Frankly, Duskflame thought that they should leave Pebblestar to her fate. The medicine cat couldn't sanction any battle that would jeopardize lives for such a mediocre creature. And, frankly, she thought it a waste to go against any Clan for such a halfwit. Why couldn't her Clan see that Pebblestar's kidnap was a sign that she was a false ruler, a usurper? There was a better leader out there for TalonClan, and it was not the she-cat that had often stepped down from her duties for the momentary joy of the touch of a tom and the purr of kits. StarClan had given a title and lives to a cat who would rather curl up with a litter of kittens than fight righteously for her Clan. Even Duskflame in her pregnancy had never given up her duties; she had never indulged in the pleasure of a cuddle with her litter. She had given them up to be raised properly, she had given them up so that she could take care of her Clan - and what thanks did she get for it? None! Just backward glances and suspicious, judgemental remarks. It was enough to make a cat sick. And anyways, she couldn't stop the thought that by fighting for the return of Pebblestar, TalonClan was risking her son's life. She would never forgive the older she-cat if her beloved boy Brackenheart was killed in the fight to reclaim a faithless leader. She herself would do everything in her power to kill their leader if such a thing happened. She would claw each of Pebblestar's remaining lives from the slender body, she would watch the light die from those eyes again and again and again if Brackenheart's own life was forfeited for such a ruler as Pebblestar. After all, was she not the daughter of a violently loyal warrior? Wasn't murder in her blood?

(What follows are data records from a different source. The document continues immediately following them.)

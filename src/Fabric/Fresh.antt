-- ===== src/Fabric/Fresh.antt =====
-- fabric.go: the shards that New lays out.
use mathlib.Core.Path.{subst}
use native.Mathlib.Decide.{ℕ_discrete}
use native.Mathlib.Nat.{pow-le-pow_right}
use vautlage.Prelude.{
  ℕ, zero, suc, ◌+◌, ◌^◌, ◌≤◌, ◌<◌, ◌≡◌, inl, inr, refl, ap, sym, ◌∙◌, arith, List, [], ◌∷◌, ◌++◌,
  some, Option-cases, sub64,
}
use vautlage.Errors.{ok, err, Result-cases, config}
use vautlage.Atomics.{store}
use vautlage.Gate.{Gate, init_gate}
use vautlage.Layout.Align.{two-pow_pos}
use vautlage.Ring.{Ring, init_ring}
use vautlage.Ring.Fifo.{Fifo}
use vautlage.Ring.Models.{Models}
use vautlage.Ring.Init.{init_ring_lem, init_ring-Models}
use vautlage.Config.{Config}
use vautlage.Platform.{Platform}
use vautlage.Arena
use vautlage.Arena.{Arena, new_arena}
use vautlage.Fabric.{Vaultage, Shard, put_shard}
use vautlage.Fabric.Total.{total, put_shard_self, put_shard_other}
use vautlage.Fabric.Session.{IsSound}
use vautlage.Fabric.Build.{lay_out, build_shards, blank_engine}
use vautlage.Fabric.LayOut.{laid, lay_out_lem, ring_end, index_end}
use vautlage.Fabric.Built.{shard_arena, build_next, build_faults, build_failed, build_refused}

abbrev pub empty_queue : Fifo
empty_queue = record { items = []; count = 0 }

-- A shard that has seen no record.
pub record IsFresh (sh : Shard) : Type 0 where
  pub ring : Models sh.ring empty_queue
  pub hot : sh.hot ≡ 0
  pub ingested : sh.ingested ≡ 0
  pub consumed : sh.consumed ≡ 0
  pub rejected : sh.rejected ≡ 0

-- A ring that initRing has accepted, of 2 ^ k cells.
accepted :
    (r : Ring) (base k payload_cap epoch : ℕ) {ring : Ring}
    → 1 ≤ k
    → k ≤ 62
    → init_ring r base (2 ^ k) payload_cap epoch ≡ ok ring
    → Models ring empty_queue
accepted r base k payload_cap epoch {ring} lo hi e =
    let few : 2 ^ k ≤ 2 ^ 62 = pow-le-pow_right (omega arith) hi in
    elim (init_ring_lem r base (2 ^ k) payload_cap epoch (omega arith)) [
      | inr (wrong, bad) ↦ let clash : ok ring ≡ err config = sym e ∙ bad in absurd (cc)
      | inl ((pow, line), got) ↦
          let (s, run, models, _, _) = init_ring-Models r base k payload_cap epoch lo hi line in
          let same : ok s ≡ ok ring = sym run ∙ e in
          let same' : s ≡ ring = cc in subst (λ x. Models x empty_queue) same' models
    ]

module _ (v₀ : Vaultage) where
  -- The arena of a shard holds the cells of its ring, and behind them the buckets of its index.
  abbrev pub Held : Shard → Type 0
  Held sh = (ring_end v₀ ≤ sh.arena_size) × (index_end v₀ ≤ sh.arena_size)

  -- The engine `v₀` with its first `i` shards laid out.
  pub record Laid (i : ℕ) (v : Vaultage) : Type 0 where
    pub frame : v ≡ record v₀ { shards = v.shards }
    pub fresh : (j : ℕ) → j < i → IsFresh (v.shards j)
    pub held : (j : ℕ) → j < i → Held (v.shards j)

  Laid-next :
      (ctl a : Arena) (i k : ℕ) {v v' : Vaultage}
      → v₀.cfg.cells_per_shard ≡ 2 ^ k
      → 1 ≤ k
      → k ≤ 62
      → Laid i v
      → lay_out ctl a i v ≡ some (ok v')
      → Laid (suc i) v'
  unfolding put_shard
  Laid-next ctl a i k {v} {v'} cells lo hi d e =
      let (ring, index, made, same, room) = lay_out_lem ctl a i v e in
      let sized : v.cfg.cells_per_shard ≡ 2 ^ k =
        ap (λ (x : Vaultage). x.cfg.cells_per_shard) d.frame ∙ cells in
      let block = laid a i ring index in
      let models : Models ring empty_queue =
        accepted (v.shards i).ring _ k v.payload_cap v.ctl.epoch lo hi (
          subst
            (λ n. init_ring (v.shards i).ring (Arena.at a 0) n v.payload_cap v.ctl.epoch ≡ ok ring)
            sized made) in
      subst (Laid (suc i)) (sym same) (record {
        frame = ap (λ (x : Vaultage). record x { shards = (put_shard v i block).shards }) d.frame;
        fresh = λ j lt. elim (ℕ_discrete j i) [
          | yes z ↦
              subst IsFresh (sym (ap (put_shard v i block).shards z ∙ put_shard_self v i block))
                (record {
                  ring = models;
                  hot = refl;
                  ingested = refl;
                  consumed = refl;
                  rejected = refl;
                })
          | no nz ↦ subst IsFresh (sym (put_shard_other v i block j nz)) (d.fresh j (omega arith))
        ];
        held = λ j lt. elim (ℕ_discrete j i) [
          | yes z ↦
              subst Held (sym (ap (put_shard v i block).shards z ∙ put_shard_self v i block)) (
                subst (λ (x : Vaultage). ring_end x ≤ a.size) d.frame room.ring,
                subst (λ (x : Vaultage). index_end x ≤ a.size) d.frame room.index,
              )
          | no nz ↦ subst Held (sym (put_shard_other v i block j nz)) (d.held j (omega arith))
        ];
      })

  module _ {S : Type 0} (p : Platform S) (fuel k : ℕ) (cells : v₀.cfg.cells_per_shard ≡ 2 ^ k)
      (lo : 1 ≤ k) (hi : k ≤ 62) where
    pub build_shards-Laid :
        (ctl : Arena) (n i : ℕ) (v : Vaultage) (xs : List Arena) (s : S) {v' : Vaultage}
        {ys : List Arena} {t : S}
        → build_shards p fuel ctl n i v xs s ≡ some (ok (v', ys), t)
        → Laid i v
        → Laid (i + n) v'
    unfolding build_shards
    build_shards-Laid ctl zero i v xs s {v'} e d =
        let same : v ≡ v' = ground arith in
        let many : i ≡ i + 0 = omega arith in
        subst (Laid (i + 0)) same (subst (λ m. Laid m v) many d)
    build_shards-Laid ctl (suc n) i v xs s {v'} {ys} {t} e d =
        elim (Option-cases (shard_arena p fuel v s)) [
          | inl lost ↦ absurd (ground arith)
          | inr ((res, s₁), run) ↦ elim (Result-cases res) [
            | inr (x, failed) ↦
                let end =
                  build_failed p fuel ctl n i v xs s (run ∙ ap (λ r. some (r, s₁)) failed) in
                let clash = sym end ∙ e in absurd (ground arith)
            | inl (a, made) ↦
                let run' = run ∙ ap (λ r. some (r, s₁)) made in
                elim (Option-cases (lay_out ctl a i v)) [
                  | inl faults ↦
                      let end = build_faults p fuel ctl n i v xs s run' faults in
                      let clash = sym end ∙ e in absurd (ground arith)
                  | inr (err x, refused) ↦
                      let end = build_refused p fuel ctl n i v xs s run' refused in
                      let clash = sym end ∙ e in absurd (ground arith)
                  | inr (ok v₁, done) ↦
                      let next = build_next p fuel ctl n i v xs s run' done in
                      let rest =
                        build_shards-Laid ctl n (suc i) v₁ (xs ++ a ∷ []) s₁ (sym next ∙ e)
                          (Laid-next ctl a i k cells lo hi d done) in
                      let many : suc i + n ≡ i + suc n = omega arith in
                      subst (λ m. Laid m v') many rest
                ]
          ]
        ]

total_zero : (n : ℕ) (f : ℕ → ℕ) → ((j : ℕ) → j < n → f j ≡ 0) → total n f ≡ 0
unfolding total
total_zero zero f h = refl
total_zero (suc n) f h =
    omega (arith, total_zero n f (λ j lt. h j (omega arith)), h n (omega arith))

-- The gate that New starts with is open.
pub init_gate-state :
    (g : Gate) (high low : ℕ) {gate : Gate} → init_gate g high low ≡ ok gate → gate.state ≡ 0
unfolding init_gate store
init_gate-state g high low {gate} e = ground arith

pub Laid-IsSound :
    (c : Config) (gate : Gate) (epoch clock : ℕ) {j : ℕ} {v : Vaultage}
    → gate.state ≡ 0
    → c.shards ≡ 2 ^ j
    → j < 64
    → Laid (blank_engine c gate epoch clock) c.shards v
    → IsSound v
unfolding blank_engine
Laid-IsSound c gate epoch clock {j} {v} unshut size small d =
    let most : 2 ^ j ≤ 2 ^ 63 = pow-le-pow_right (omega arith) {j = 63} (omega arith) in
    let pos = two-pow_pos j in
    let n : v.shard_n ≡ c.shards = ap (λ (x : Vaultage). x.shard_n) d.frame in
    let mask : v.shard_msk ≡ sub64 c.shards 1 = ap (λ (x : Vaultage). x.shard_msk) d.frame in
    let ticket : v.ctl.ticket ≡ 0 = ap (λ (x : Vaultage). x.ctl.ticket) d.frame in
    let dropped : v.ctl.dropped ≡ 0 = ap (λ (x : Vaultage). x.ctl.dropped) d.frame in
    let saturated : v.ctl.saturated ≡ 0 = ap (λ (x : Vaultage). x.ctl.saturated) d.frame in
    let state : v.valve.state ≡ 0 = ap (λ (x : Vaultage). x.valve.state) d.frame ∙ unshut in
    let hot =
      total_zero v.shard_n (λ i. (v.shards i).hot) (λ i lt. (d.fresh i (omega arith)).hot) in
    let ingested =
      total_zero v.shard_n (λ i. (v.shards i).ingested)
        (λ i lt. (d.fresh i (omega arith)).ingested) in
    let rejected =
      total_zero v.shard_n (λ i. (v.shards i).rejected)
        (λ i lt. (d.fresh i (omega arith)).rejected) in
    record {
      routed = (j, n ∙ size, omega arith);
      gated = record {
        few = omega arith;
        bits = λ i lt. let z = (d.fresh i (omega arith)).hot in omega arith;
        count = saturated ∙ sym hot;
        gate = inl (saturated, state);
      };
      balance = record { tickets = omega arith; drops = omega arith };
    }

With a gritting of her teeth and a deep breath, the tortoiseshell forced herself to stop thinking of such troubling things. If StarClan prevailed, Pebblestar would be killed in the battle, or perhaps some forward-thinking cat would do it afterwards. Today was not the day to be thinking about such things. Today was the day that she laid down a legacy, that she placed pawprints in the sands of time that every cat after her would follow. Today she had to ensure that her Clan would never be left without someone to care for them. To become medicine cat was to love one's entire Clan as though they had come from one's own body; it was this deep love that burned in Duskflame as she pushed herself to her paws. It was such a love that caused their betrayal of her to be all the more fierce, all the more painful.
Her amber eyes flicked over the piles of gathered herbs around her, then pierced the semi-darkness toward the exit to her den as she moved forward. "Rowanpaw?" Her voice was quiet but firm as she moved into the larger space dedicated to seeing patients. Her eyes burned through the lessening shadows, looking for the shape of the tom that she would begin to train. Today was the day if she found out if she had made the right choice - for herself, for her ancestors, and for her Clan.